## Task directions
Scan the listing below for the word "ManifestPath", then copy each line that has it.

## Dataset extract
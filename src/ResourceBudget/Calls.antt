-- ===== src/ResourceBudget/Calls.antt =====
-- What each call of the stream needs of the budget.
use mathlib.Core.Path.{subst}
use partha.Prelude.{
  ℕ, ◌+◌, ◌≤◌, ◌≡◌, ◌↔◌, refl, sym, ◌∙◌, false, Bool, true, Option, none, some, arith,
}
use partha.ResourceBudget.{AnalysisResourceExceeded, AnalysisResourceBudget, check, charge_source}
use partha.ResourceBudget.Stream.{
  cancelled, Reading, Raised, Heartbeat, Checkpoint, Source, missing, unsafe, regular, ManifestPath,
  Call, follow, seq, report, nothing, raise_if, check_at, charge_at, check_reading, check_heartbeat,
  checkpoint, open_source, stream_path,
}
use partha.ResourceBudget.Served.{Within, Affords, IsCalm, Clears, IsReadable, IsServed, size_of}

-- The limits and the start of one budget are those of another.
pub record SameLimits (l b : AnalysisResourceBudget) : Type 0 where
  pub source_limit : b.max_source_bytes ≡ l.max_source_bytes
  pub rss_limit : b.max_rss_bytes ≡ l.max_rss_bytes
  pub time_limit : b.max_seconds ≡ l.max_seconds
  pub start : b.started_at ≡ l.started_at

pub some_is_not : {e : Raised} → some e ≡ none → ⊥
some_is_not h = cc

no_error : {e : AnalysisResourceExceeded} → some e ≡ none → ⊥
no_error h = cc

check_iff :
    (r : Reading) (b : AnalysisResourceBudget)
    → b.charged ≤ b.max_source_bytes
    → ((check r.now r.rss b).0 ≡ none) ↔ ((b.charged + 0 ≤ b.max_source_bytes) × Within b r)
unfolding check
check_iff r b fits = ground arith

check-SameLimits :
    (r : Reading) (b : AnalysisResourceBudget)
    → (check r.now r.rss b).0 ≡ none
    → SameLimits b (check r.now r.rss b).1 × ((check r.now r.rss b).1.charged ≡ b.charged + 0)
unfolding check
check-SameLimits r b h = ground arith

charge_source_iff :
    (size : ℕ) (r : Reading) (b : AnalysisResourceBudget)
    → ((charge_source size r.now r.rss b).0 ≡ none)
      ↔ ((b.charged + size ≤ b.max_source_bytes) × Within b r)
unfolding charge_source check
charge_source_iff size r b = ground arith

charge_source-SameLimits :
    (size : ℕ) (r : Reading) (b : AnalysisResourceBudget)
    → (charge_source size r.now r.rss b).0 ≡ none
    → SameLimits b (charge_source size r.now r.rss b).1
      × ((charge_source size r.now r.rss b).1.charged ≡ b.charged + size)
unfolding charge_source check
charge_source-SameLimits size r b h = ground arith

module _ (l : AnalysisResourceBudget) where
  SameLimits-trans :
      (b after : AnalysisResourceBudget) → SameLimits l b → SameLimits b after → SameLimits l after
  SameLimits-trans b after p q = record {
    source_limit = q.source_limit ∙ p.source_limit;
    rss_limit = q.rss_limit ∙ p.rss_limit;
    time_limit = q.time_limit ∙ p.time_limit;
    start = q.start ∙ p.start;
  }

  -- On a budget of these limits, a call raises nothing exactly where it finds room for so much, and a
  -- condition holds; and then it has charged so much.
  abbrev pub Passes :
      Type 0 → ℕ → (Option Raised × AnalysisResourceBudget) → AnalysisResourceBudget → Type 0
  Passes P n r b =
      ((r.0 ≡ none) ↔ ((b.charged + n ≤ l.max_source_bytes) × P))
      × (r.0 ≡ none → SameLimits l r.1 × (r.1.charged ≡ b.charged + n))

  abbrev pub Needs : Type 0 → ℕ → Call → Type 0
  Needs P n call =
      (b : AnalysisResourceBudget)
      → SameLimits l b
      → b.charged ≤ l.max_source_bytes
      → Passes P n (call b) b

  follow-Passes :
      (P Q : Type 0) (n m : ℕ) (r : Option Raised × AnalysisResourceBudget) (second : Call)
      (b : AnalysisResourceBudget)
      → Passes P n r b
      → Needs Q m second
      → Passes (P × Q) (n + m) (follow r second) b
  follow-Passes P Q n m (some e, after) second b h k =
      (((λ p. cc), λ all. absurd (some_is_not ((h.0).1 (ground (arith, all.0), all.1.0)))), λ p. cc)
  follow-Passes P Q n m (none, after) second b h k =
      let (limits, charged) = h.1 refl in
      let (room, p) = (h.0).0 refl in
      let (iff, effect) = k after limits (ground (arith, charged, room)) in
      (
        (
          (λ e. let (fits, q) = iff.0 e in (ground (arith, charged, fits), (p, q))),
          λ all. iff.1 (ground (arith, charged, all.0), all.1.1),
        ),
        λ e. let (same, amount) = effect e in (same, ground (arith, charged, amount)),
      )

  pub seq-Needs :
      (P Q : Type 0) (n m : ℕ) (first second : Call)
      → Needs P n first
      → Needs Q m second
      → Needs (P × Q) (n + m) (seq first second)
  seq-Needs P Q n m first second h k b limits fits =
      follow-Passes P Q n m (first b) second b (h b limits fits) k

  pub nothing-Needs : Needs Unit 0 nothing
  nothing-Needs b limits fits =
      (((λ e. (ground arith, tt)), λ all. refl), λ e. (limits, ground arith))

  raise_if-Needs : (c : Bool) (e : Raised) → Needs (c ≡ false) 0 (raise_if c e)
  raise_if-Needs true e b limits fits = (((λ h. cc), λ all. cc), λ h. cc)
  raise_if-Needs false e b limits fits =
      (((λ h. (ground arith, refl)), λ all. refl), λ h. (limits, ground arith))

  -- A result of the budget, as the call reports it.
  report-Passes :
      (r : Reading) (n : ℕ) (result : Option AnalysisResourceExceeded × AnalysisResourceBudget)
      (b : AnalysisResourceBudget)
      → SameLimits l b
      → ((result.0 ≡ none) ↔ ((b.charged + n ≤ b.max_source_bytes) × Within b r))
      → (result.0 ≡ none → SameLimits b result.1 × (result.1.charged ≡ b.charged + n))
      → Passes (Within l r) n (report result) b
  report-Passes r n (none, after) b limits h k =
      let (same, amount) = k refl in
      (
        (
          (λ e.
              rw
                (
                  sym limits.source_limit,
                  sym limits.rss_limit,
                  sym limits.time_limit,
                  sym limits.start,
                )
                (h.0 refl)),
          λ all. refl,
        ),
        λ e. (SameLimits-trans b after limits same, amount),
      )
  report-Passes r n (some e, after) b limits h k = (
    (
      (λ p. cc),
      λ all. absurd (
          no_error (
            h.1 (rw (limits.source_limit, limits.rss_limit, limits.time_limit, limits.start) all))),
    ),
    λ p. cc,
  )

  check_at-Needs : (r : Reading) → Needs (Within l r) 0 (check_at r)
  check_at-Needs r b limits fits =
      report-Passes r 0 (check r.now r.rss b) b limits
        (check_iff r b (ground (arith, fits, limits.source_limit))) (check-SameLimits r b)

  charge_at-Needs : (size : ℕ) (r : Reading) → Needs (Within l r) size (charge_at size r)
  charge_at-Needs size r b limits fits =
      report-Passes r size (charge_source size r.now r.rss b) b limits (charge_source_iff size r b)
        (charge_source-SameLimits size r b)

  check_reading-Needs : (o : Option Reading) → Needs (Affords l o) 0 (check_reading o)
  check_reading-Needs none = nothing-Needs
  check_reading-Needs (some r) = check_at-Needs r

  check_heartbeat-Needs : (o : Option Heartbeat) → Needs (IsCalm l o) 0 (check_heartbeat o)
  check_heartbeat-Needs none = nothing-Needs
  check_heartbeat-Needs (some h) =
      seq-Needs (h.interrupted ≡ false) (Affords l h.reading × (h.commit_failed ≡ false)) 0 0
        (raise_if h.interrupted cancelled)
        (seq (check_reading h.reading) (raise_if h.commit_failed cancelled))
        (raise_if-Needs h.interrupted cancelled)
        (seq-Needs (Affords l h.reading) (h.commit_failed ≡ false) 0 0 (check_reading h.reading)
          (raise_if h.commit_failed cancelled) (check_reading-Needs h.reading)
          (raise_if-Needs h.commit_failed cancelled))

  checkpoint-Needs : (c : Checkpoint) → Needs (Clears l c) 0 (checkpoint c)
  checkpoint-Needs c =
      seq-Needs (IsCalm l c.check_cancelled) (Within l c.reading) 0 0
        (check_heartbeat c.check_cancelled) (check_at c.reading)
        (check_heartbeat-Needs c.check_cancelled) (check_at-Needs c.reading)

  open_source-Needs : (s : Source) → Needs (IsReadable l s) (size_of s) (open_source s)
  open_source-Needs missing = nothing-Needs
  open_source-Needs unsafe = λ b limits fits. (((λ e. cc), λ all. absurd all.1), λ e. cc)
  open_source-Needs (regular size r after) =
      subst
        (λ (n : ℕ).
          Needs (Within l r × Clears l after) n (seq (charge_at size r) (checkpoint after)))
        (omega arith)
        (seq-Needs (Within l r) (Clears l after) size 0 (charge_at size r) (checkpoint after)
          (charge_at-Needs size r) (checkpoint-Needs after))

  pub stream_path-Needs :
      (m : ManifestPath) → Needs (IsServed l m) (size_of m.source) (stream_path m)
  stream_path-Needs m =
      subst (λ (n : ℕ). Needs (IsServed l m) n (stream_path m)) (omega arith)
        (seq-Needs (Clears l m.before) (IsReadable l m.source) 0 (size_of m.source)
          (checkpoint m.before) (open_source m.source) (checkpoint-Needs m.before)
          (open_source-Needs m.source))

## Expected answer
  cancelled, Reading, Raised, Heartbeat, Checkpoint, Source, missing, unsafe, regular, ManifestPath,
      (m : ManifestPath) → Needs (IsServed l m) (size_of m.source) (stream_path m)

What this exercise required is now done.